** Collection entries **
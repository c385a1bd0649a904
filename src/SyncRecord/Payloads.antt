-- ===== src/SyncRecord/Payloads.antt =====
-- What a record that is accepted for synchronization carries.
use arcrelay_protocol.Prelude.{
  inl, inr, ℕ, ◌+◌, ◌≤◌, ◌<◌, ◌≡◌, ◌⊎◌, refl, true, false, Option, none, some, arith, Bytes,
  bytes_eq, length, bytes, Bool-cases, Option-cases,
}
use arcrelay_protocol.Prelude.Int.{ℤ, pos, negsuc}
use arcrelay_protocol.BlobStore.{BlobRef}
use arcrelay_protocol.SyncRecord.{
  ClipboardContentKind, text, html, image, files, other_kind, ClipboardSyncChangeKind,
  ClipboardRichText, Payload, text_payload, rich_text, image_payload, ClipboardSyncRecord, i64_max,
  all_hex, valid_clipboard_blob_ref, is_capture_time, valid_text, max_rich_text_bytes,
  check_rich_text, check_image, check_payload, validate_clipboard_sync_record,
}

-- The blobs that a payload refers to.
pub data Refers : Payload → BlobRef → Type 0 where
  to_image : {b : BlobRef} → Refers (image_payload b) b
  to_html : {r : ClipboardRichText} {b : BlobRef} → r.html ≡ some b → Refers (rich_text r) b
  to_rtf : {r : ClipboardRichText} {b : BlobRef} → r.rtf ≡ some b → Refers (rich_text r) b

-- A blob is named by its SHA-256, and is neither empty nor larger than 20 MiB.
pub record IsAddressed (r : BlobRef) : Type 0 where
  pub name : r.blob_id ≡ r.sha256
  pub digest : length r.sha256 ≡ 32
  pub filled : 0 < r.size
  pub bounded : r.size ≤ 20971520

valid-IsAddressed :
    (r : BlobRef) (media_type : Bytes) (maximum : ℕ)
    → maximum ≤ 20971520
    → valid_clipboard_blob_ref (some r) media_type maximum ≡ true
    → IsAddressed r
unfolding valid_clipboard_blob_ref
valid-IsAddressed r media_type maximum small h = record {
  name = ground (arith, h);
  digest = ground (arith, h);
  filled = ground (arith, h);
  bounded = ground (arith, h, small);
}

image-IsAddressed : (b : BlobRef) → check_image (some (image_payload b)) ≡ none → IsAddressed b
unfolding check_image
image-IsAddressed b h =
    valid-IsAddressed b (bytes "image/png") 20971520 (omega arith) (ground (arith, h))

html-IsAddressed :
    (r : ClipboardRichText) (b : BlobRef)
    → r.html ≡ some b
    → check_rich_text (some (rich_text r)) ≡ none
    → IsAddressed b
unfolding check_rich_text
html-IsAddressed r b e h =
    valid-IsAddressed b (bytes "text/html; charset=utf-8") max_rich_text_bytes (omega arith)
      (ground (arith, e, h))

rtf-IsAddressed :
    (r : ClipboardRichText) (b : BlobRef)
    → r.rtf ≡ some b
    → check_rich_text (some (rich_text r)) ≡ none
    → IsAddressed b
unfolding check_rich_text
rtf-IsAddressed r b e h =
    valid-IsAddressed b (bytes "text/rtf") max_rich_text_bytes (omega arith) (ground (arith, e, h))

check_payload-IsAddressed :
    (k : ClipboardContentKind) (p : Payload) (b : BlobRef)
    → check_payload k (some p) ≡ none
    → Refers p b
    → IsAddressed b
unfolding check_payload valid_text check_rich_text check_image
check_payload-IsAddressed k (text_payload _) b h refers = elim refers [ ]
check_payload-IsAddressed image (image_payload b) _ h to_image = image-IsAddressed b h
check_payload-IsAddressed html (rich_text r) b h (to_html e) = html-IsAddressed r b e h
check_payload-IsAddressed html (rich_text r) b h (to_rtf e) = rtf-IsAddressed r b e h
check_payload-IsAddressed html (image_payload b) _ h to_image = absurd (ground (arith, h))
check_payload-IsAddressed image (rich_text r) b h (to_html e) = absurd (ground (arith, h))
check_payload-IsAddressed image (rich_text r) b h (to_rtf e) = absurd (ground (arith, h))
check_payload-IsAddressed text (image_payload b) _ h to_image = absurd (ground (arith, h))
check_payload-IsAddressed text (rich_text r) b h _ = absurd (ground (arith, h))
check_payload-IsAddressed files (image_payload b) _ h to_image = absurd (ground (arith, h))
check_payload-IsAddressed files (rich_text r) b h _ = absurd (ground (arith, h))
check_payload-IsAddressed other_kind (image_payload b) _ h to_image = absurd (ground (arith, h))
check_payload-IsAddressed other_kind (rich_text r) b h _ = absurd (ground (arith, h))

-- The payload of a record that is not deleted.
pub data Carries : ClipboardContentKind → Option Payload → Type 0 where
  some_text :
      {content : Bytes}
      → 0 < length content
      → length content ≤ 786432
      → Carries text (some (text_payload content))
  some_html :
      {r : ClipboardRichText} {h : BlobRef}
      → r.html ≡ some h
      → length r.plain_text ≤ 1048576
      → Carries html (some (rich_text r))
  some_image : {b : BlobRef} → Carries image (some (image_payload b))
  file_metadata : Carries files none

check_payload-Carries :
    (k : ClipboardContentKind) (p : Option Payload) → check_payload k p ≡ none → Carries k p
unfolding check_payload valid_text check_rich_text check_image
check_payload-Carries text (some (text_payload content)) h =
    some_text (ground (arith, h)) (ground (arith, h))
check_payload-Carries text (some (rich_text r)) h = absurd (ground (arith, h))
check_payload-Carries text (some (image_payload b)) h = absurd (ground (arith, h))
check_payload-Carries text none h = absurd (ground (arith, h))
check_payload-Carries html (some (rich_text r)) h = elim (Option-cases r.html) [
  | inl miss ↦ absurd (unfold valid_clipboard_blob_ref in ground (arith, h, miss))
  | inr (b, hit) ↦ some_html hit (ground (arith, h))
]
check_payload-Carries html (some (text_payload content)) h = absurd (ground (arith, h))
check_payload-Carries html (some (image_payload b)) h = absurd (ground (arith, h))
check_payload-Carries html none h = absurd (ground (arith, h))
check_payload-Carries image (some (image_payload b)) h = some_image
check_payload-Carries image (some (text_payload content)) h = absurd (ground (arith, h))
check_payload-Carries image (some (rich_text r)) h = absurd (ground (arith, h))
check_payload-Carries image none h = absurd (ground (arith, h))
check_payload-Carries files none h = file_metadata
check_payload-Carries files (some p) h = absurd (ground (arith, h))
check_payload-Carries other_kind p h = absurd (ground (arith, h))

is_capture_time-pos :
    (now : ℕ) (t : ℤ)
    → is_capture_time now t ≡ true
    → (ms : ℕ) × (t ≡ pos ms) × (0 < ms) × (ms ≤ now + 300000)
unfolding is_capture_time
is_capture_time-pos now (pos ms) h = (ms, refl, ground (arith, h), ground (arith, h))
is_capture_time-pos now (negsuc ms) h = absurd (ground (arith, h))

module _ (kind_of : ℤ → ClipboardContentKind) (change_of : ℤ → ClipboardSyncChangeKind) where
  -- In a record that passes the check, every blob is named by its SHA-256, and is neither empty nor
  -- larger than 20 MiB.
  pub validate_clipboard_sync_record-IsAddressed :
      (now : ℕ) (r : ClipboardSyncRecord) (p : Payload) (b : BlobRef)
      → validate_clipboard_sync_record kind_of change_of now r ≡ none
      → r.payload ≡ some p
      → Refers p b
      → IsAddressed b
  unfolding validate_clipboard_sync_record
  validate_clipboard_sync_record-IsAddressed now r p b h e refers =
      check_payload-IsAddressed (kind_of r.kind) p b (ground (arith, h, e)) refers

  -- `now` is the host's clock.
  pub record IsSynchronizable (now : ℕ) (r : ClipboardSyncRecord) : Type 0 where
    pub identified : (length r.sync_id ≡ 64) × (all_hex r.sync_id ≡ true)
    pub revised : (0 < r.revision) × (r.revision ≤ i64_max)
    pub favorite : (0 < r.favorite_revision) × (r.favorite_revision ≤ i64_max)
    pub previewed : length r.preview ≤ 2048
    pub captured : (t : ℕ) × (r.captured_at_ms ≡ pos t) × (0 < t) × (t ≤ now + 300000)
    pub carried :
        ((r.deleted ≡ true) × (r.payload ≡ none))
        ⊎ ((r.deleted ≡ false) × Carries (kind_of r.kind) r.payload)

  -- A record that passes the check has an identifier of 64 hexadecimal digits, two revisions that are
  -- positive and fit into 63 bits, and a preview of at most 2048 bytes; it was captured at most five
  -- minutes ahead of the host's clock; and it is a deletion without a payload, or carries the
  -- payload of its kind.
  pub validate_clipboard_sync_record-IsSynchronizable :
      (now : ℕ) (r : ClipboardSyncRecord)
      → validate_clipboard_sync_record kind_of change_of now r ≡ none
      → IsSynchronizable now r
  unfolding validate_clipboard_sync_record
  validate_clipboard_sync_record-IsSynchronizable now r h = record {
    identified = (ground (arith, h), ground (arith, h));
    revised = (ground (arith, h), ground (arith, h));
    favorite = (ground (arith, h), ground (arith, h));
    previewed = ground (arith, h);
    captured = is_capture_time-pos now r.captured_at_ms (ground (arith, h));
    carried = elim (Bool-cases r.deleted) [
      | inl gone ↦ inl (gone, ground (arith, h, gone))
      | inr kept ↦
          inr (kept, check_payload-Carries (kind_of r.kind) r.payload (ground (arith, h, kept)))
    ];
  }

** Task goal **
Reproduce, word for word and in full, only the lines above that start at the line with "check_payload-Carries files (some" and run through the line with "is_capture_time-pos now (pos", both ends included.

** Problem solution **
check_payload-Carries files (some p) h = absurd (ground (arith, h))
check_payload-Carries other_kind p h = absurd (ground (arith, h))

is_capture_time-pos :
    (now : ℕ) (t : ℤ)
    → is_capture_time now t ≡ true
    → (ms : ℕ) × (t ≡ pos ms) × (0 < ms) × (ms ≤ now + 300000)
unfolding is_capture_time
is_capture_time-pos now (pos ms) h = (ms, refl, ground (arith, h), ground (arith, h))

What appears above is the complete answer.